No issues. Envoy absorbs the spikes externally. Python app never sees the overload.
Conclusions
HPA
While a single pod can sustain 33 rps in isolation, autoscaling scenarios reduce this threshold. Applications should operate at ~65% of maximum single-pod capacity before triggering scale events.
The Gatling “active users” metric is more representative of application stress than traditional flask_http_request_duration_seconds_count.
Rate Limit
Can rate limiting increase capacity during autoscaling? No — or minimally. It allows ~5% more rps but increases sensitivity. Rate limiting and HPA fight each other if not carefully tuned.

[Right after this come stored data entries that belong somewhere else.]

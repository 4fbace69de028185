-- ===== src/Cmsg/Examples.antt =====
-- Messages with a byte to a field.
use rsyscall.Base.{
  ℕ, zero, suc, ◌≡◌, refl, arith, false, if◌then◌else◌, ◌==◌, ◌&&◌, List, [], ◌∷◌, Option, none,
  some, ◌<◌, ◌≤◌, ◌+◌, ◌^◌, length,
}
use rsyscall.Handle.Fd.{Fds}
use rsyscall.Cmsg.Handles.{EntriesDenote}
use rsyscall.Struct.{Bytes, Serializer, returned, raised, list_to_bytes}
use rsyscall.Cmsg.{Bindings, rights_to_bytes, cmsgs_to_bytes, cmsgs_from_bytes}
use rsyscall.Cmsg.Written.{IsBindings, next_fits, none_left}
use rsyscall.Cmsg.RoundTrip.{cmsgs_from_bytes-cmsgs_to_bytes, cmsgs_from_bytes-known}

abbrev field : ℕ → Bytes → ℕ
field n [] = 0
field zero (b ∷ bytes) = b
field (suc n) (b ∷ bytes) = field n bytes

abbrev fd_from_bytes : Bytes → Option ℕ
fd_from_bytes [] = none
fd_from_bytes (b ∷ bytes) = some b

abbrev fd_struct : Serializer ℕ
fd_struct = record { to_bytes = λ n. n ∷ []; from_bytes = fd_from_bytes; sizeof = 1 }

abbrev bindings : Bindings ℕ
bindings = record {
  header_size = 3;
  header_bytes = λ n level type. n ∷ level ∷ type ∷ [];
  cmsg_len = field 0;
  cmsg_level = field 1;
  cmsg_type = field 2;
  sol_socket = 1;
  scm_rights = 1;
  int_struct = fd_struct;
  number = λ n. n;
}

abbrev bindings-IsBindings : IsBindings bindings
bindings-IsBindings = record {
  int_serializer = record {
    nonempty = omega arith;
    length_of = λ n. refl;
    reads_back = λ n rest. refl;
  };
  nonempty = omega arith;
  socket_fits = omega arith;
  rights_fits = omega arith;
  length-header_bytes = λ n level type h p q. refl;
  cmsg_len-header_bytes = λ n level type rest h p q. refl;
  cmsg_level-header_bytes = λ n level type rest h p q. refl;
  cmsg_type-header_bytes = λ n level type rest h p q. refl;
}

abbrev messages : List (List ℕ)
messages = (7 ∷ 8 ∷ []) ∷ (9 ∷ []) ∷ []

two_fit : bindings.header_size + length (list_to_bytes fd_struct (7 ∷ 8 ∷ [])) < 2 ^ 64
unfolding rights_to_bytes list_to_bytes
two_fit = omega arith

one_fits : bindings.header_size + length (list_to_bytes fd_struct (9 ∷ [])) < 2 ^ 64
unfolding rights_to_bytes list_to_bytes
one_fits = omega arith

in_nine : length (cmsgs_to_bytes bindings messages) ≤ 9
unfolding cmsgs_to_bytes rights_to_bytes list_to_bytes
in_nine = omega arith

-- A process that knows no file descriptor, and one that knows the number 7.
abbrev empty : Fds
empty = record {
  task = λ h. 0;
  near = λ h. 0;
  valid = λ h. false;
  next = 4;
  fd_table = λ k. 0;
  manipulating_fd_table = λ k. false;
  fd_handles = λ k. [];
  near_to_handles = λ t n. none;
  inherited = λ t. [];
  closes = [];
}

abbrev knows_seven : Fds
knows_seven = record empty {
  near = λ h. 7;
  valid = λ h. h == 3;
  fd_handles = λ k. if k == 0 then 3 ∷ [] else [];
  near_to_handles = λ t n. if (t == 0) && (n == 7) then some (3 ∷ []) else none;
}

cmsgs_from_bytes-cmsgs_to_bytes_example :
    (handles : List (List ℕ)) × (after : Fds) × (cmsgs_from_bytes bindings 0 9
        (cmsgs_to_bytes bindings messages)
        empty
      ≡ (returned handles, after))
    × EntriesDenote after 0 handles messages
cmsgs_from_bytes-cmsgs_to_bytes_example =
    cmsgs_from_bytes-cmsgs_to_bytes bindings bindings-IsBindings 0 messages 9 empty
      (next_fits two_fit (next_fits one_fits none_left)) in_nine refl
      (refl, refl, (refl, refl, (refl, refl, tt)))

-- What the task writes from its own handles, it cannot read.
own_handle :
    cmsgs_from_bytes bindings 0 9 (cmsgs_to_bytes bindings messages) knows_seven
    ≡ (raised, knows_seven)
own_handle =
    cmsgs_from_bytes-known bindings bindings-IsBindings 0 7 (8 ∷ []) ((9 ∷ []) ∷ []) 8 knows_seven
      (3 ∷ []) two_fit refl
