-- ===== src/Concur.antt =====
-- python/dneio/concur.py: RequestQueue, Event and Future. A continuation is a number; what is sent or
-- thrown into continuations is listed in order. The code that a continuation runs is further
-- operations, after the one that resumes it.
use rsyscall.Base.{
  ℕ, Bool, true, false, List, [], ◌∷◌, ◌++◌, map, Option, none, some, if◌then◌else◌, ◌⊎◌, inl, inr,
}
pub mod Queue
pub mod Resume
mod Examples

-- `_request_cbs` holds the values with the continuations of their requests.
pub record RequestQueue (A : Type 0) : Type 0 where
  pub request_cbs : List (A × ℕ)
  pub receiver_cb : Option ℕ
  pub final_exn : Option ℕ

abbrev pub new_queue : {A : Type 0} → RequestQueue A
new_queue = record { request_cbs = []; receiver_cb = none; final_exn = none }

-- What happens to continuations: a receiver is given requests, a request is refused with an
-- exception, or the assertion of `get_one_cb` fails.
pub data Effect (A : Type 0) : Type 0 where
  given : ℕ → List (A × ℕ) → Effect A
  thrown : A × ℕ → ℕ → Effect A
  failed_assert : ℕ → Effect A

module _ {A : Type 0} where
  abbrev pub throw_all : List (A × ℕ) → ℕ → List (Effect A)
  throw_all [] exn = []
  throw_all (r ∷ l) exn = thrown r exn ∷ throw_all l exn

  unfoldable pub close_queue : ℕ → RequestQueue A → List (Effect A) × RequestQueue A
  close_queue exn q =
      (throw_all q.request_cbs exn, record q { final_exn = some exn; request_cbs = [] })

  -- `request`, and its `request_cb`.
  abbrev pub hand_over : A × ℕ → Option ℕ → RequestQueue A → List (Effect A) × RequestQueue A
  hand_over r (some receiver) q = (given receiver (r ∷ []) ∷ [], record q { receiver_cb = none })
  hand_over r none q = ([], record q { request_cbs = q.request_cbs ++ r ∷ [] })

  unfoldable pub request_cb : A × ℕ → RequestQueue A → List (Effect A) × RequestQueue A
  request_cb r q = elim q.final_exn [
    | some exn ↦ (thrown r exn ∷ [], q)
    | none ↦ hand_over r q.receiver_cb q
  ]

  unfoldable pub request : A × ℕ → RequestQueue A → List (Effect A) × RequestQueue A
  unfolding request_cb
  request r q = elim q.final_exn [ some exn ↦ (thrown r exn ∷ [], q) | none ↦ request_cb r q ]

  unfoldable pub get_one_cb : ℕ → RequestQueue A → List (Effect A) × RequestQueue A
  get_one_cb cb q = elim q.receiver_cb [
    | none ↦ ([], record q { receiver_cb = some cb })
    | some other ↦ (failed_assert cb ∷ [], q)
  ]

  unfoldable pub get_one : ℕ → RequestQueue A → List (Effect A) × RequestQueue A
  unfolding get_one_cb
  get_one cb q = elim q.request_cbs [
    | [] ↦ get_one_cb cb q
    | r ∷ l ↦ (given cb (r ∷ []) ∷ [], record q { request_cbs = l })
  ]

  unfoldable pub get_many : ℕ → RequestQueue A → List (Effect A) × RequestQueue A
  unfolding get_one_cb
  get_many cb q = elim q.request_cbs [
    | [] ↦ get_one_cb cb q
    | r ∷ l ↦ (given cb (r ∷ l) ∷ [], record q { request_cbs = [] })
  ]

  unfoldable pub fetch_any : ℕ → RequestQueue A → List (Effect A) × RequestQueue A
  fetch_any cb q = (given cb q.request_cbs ∷ [], record q { request_cbs = [] })

pub data Operation (A : Type 0) : Type 0 where
  requests : A → ℕ → Operation A
  gets_one : ℕ → Operation A
  gets_many : ℕ → Operation A
  fetches_any : ℕ → Operation A
  closes : ℕ → Operation A

module _ {A : Type 0} where
  unfoldable pub operate : Operation A → RequestQueue A → List (Effect A) × RequestQueue A
  unfolding request get_one get_many fetch_any close_queue
  operate (requests val cb) q = request (val, cb) q
  operate (gets_one cb) q = get_one cb q
  operate (gets_many cb) q = get_many cb q
  operate (fetches_any cb) q = fetch_any cb q
  operate (closes exn) q = close_queue exn q

  unfoldable pub operate_all :
      List (Operation A) → RequestQueue A → List (Effect A) × RequestQueue A
  operate_all [] q = ([], q)
  operate_all (o ∷ l) q =
      let (effects, q') = operate o q in
      let (rest, q'') = operate_all l q' in (effects ++ rest, q'')

pub record Event : Type 0 where
  pub waiting_cbs : List ℕ
  pub is_set : Bool
  pub exc : Option ℕ

abbrev pub new_event : Event
new_event = record { waiting_cbs = []; is_set = false; exc = none }

-- How a `wait` ends: it returns, or raises the exception.
pub data Ended : Type 0 where
  ended : ℕ → Option ℕ → Ended

unfoldable pub wait : ℕ → Event → List Ended × Event
wait cb e =
    if e.is_set
    then (ended cb e.exc ∷ [], e)
    else ([], record e { waiting_cbs = e.waiting_cbs ++ cb ∷ [] })

abbrev pub end_all : List ℕ → Option ℕ → List Ended
end_all [] exc = []
end_all (cb ∷ l) exc = ended cb exc ∷ end_all l exc

-- The callbacks that are resumed go on in `wait`, which tests `_exc`.
unfoldable pub set_event : Event → List Ended × Event
set_event e = (end_all e.waiting_cbs e.exc, record e { is_set = true })

unfoldable pub close_event : ℕ → Event → List Ended × Event
unfolding set_event
close_event exc e = set_event (record e { exc = some exc })

unfoldable pub wait_all : List ℕ → Event → List Ended × Event
wait_all [] e = ([], e)
wait_all (cb ∷ l) e =
    let (first, e') = wait cb e in let (rest, e'') = wait_all l e' in (first ++ rest, e'')

-- `Future`, with the outcome of its function.
pub record Future (R : Type 0) : Type 0 where
  pub result : Option R
  pub result_cb : Option ℕ

abbrev pub new_future : {R : Type 0} → Future R
new_future = record { result = none; result_cb = none }

pub data Resumed (R : Type 0) : Type 0 where
  resumed : ℕ → R → Resumed R
  get_refused : ℕ → Resumed R

module _ {R : Type 0} where
  -- The end of `wrapper`.
  abbrev pub resume_cb : Option ℕ → R → List (Resumed R)
  resume_cb none r = []
  resume_cb (some cb) r = resumed cb r ∷ []

  unfoldable pub finish_future : R → Future R → List (Resumed R) × Future R
  finish_future r f = (resume_cb f.result_cb r, record f { result = some r })

  unfoldable pub get_cb : ℕ → Future R → List (Resumed R) × Future R
  get_cb cb f = elim f.result [
    | some r ↦ (resumed cb r ∷ [], f)
    | none ↦ elim f.result_cb [
      | none ↦ ([], record f { result_cb = some cb })
      | some other ↦ (get_refused cb ∷ [], f)
    ]
  ]

  unfoldable pub get : ℕ → Future R → List (Resumed R) × Future R
  unfolding get_cb
  get cb f = elim f.result [ some r ↦ (resumed cb r ∷ [], f) | none ↦ get_cb cb f ]

  unfoldable pub get_all : List ℕ → Future R → List (Resumed R) × Future R
  get_all [] f = ([], f)
  get_all (cb ∷ l) f =
      let (first, f') = get cb f in let (rest, f'') = get_all l f' in (first ++ rest, f'')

Can rate limiting handle unexpected traffic? Yes. This is the ideal use case. External rate limiting (Envoy, API Gateway, WAF) outperforms application-embedded rate limiting because it manages traffic before it enters the application’s resource pool.
Both
- Do not use the same metric to drive both HPA and rate limiting
- Both operate on rps thresholds but with different profiling approaches
- Treat them as complementary, not competing
Costs
Unexpected traffic sources:
- ~5%: Internal deployments, batch jobs
- ~95%: External calls via public/private endpoints → WAF or API Gateway rate limiting
As resource optimization increases, corner cases multiply. Evaluate rate limiting concepts carefully against cost-saving goals. A system at 100% capacity has no margin for legitimate traffic spikes.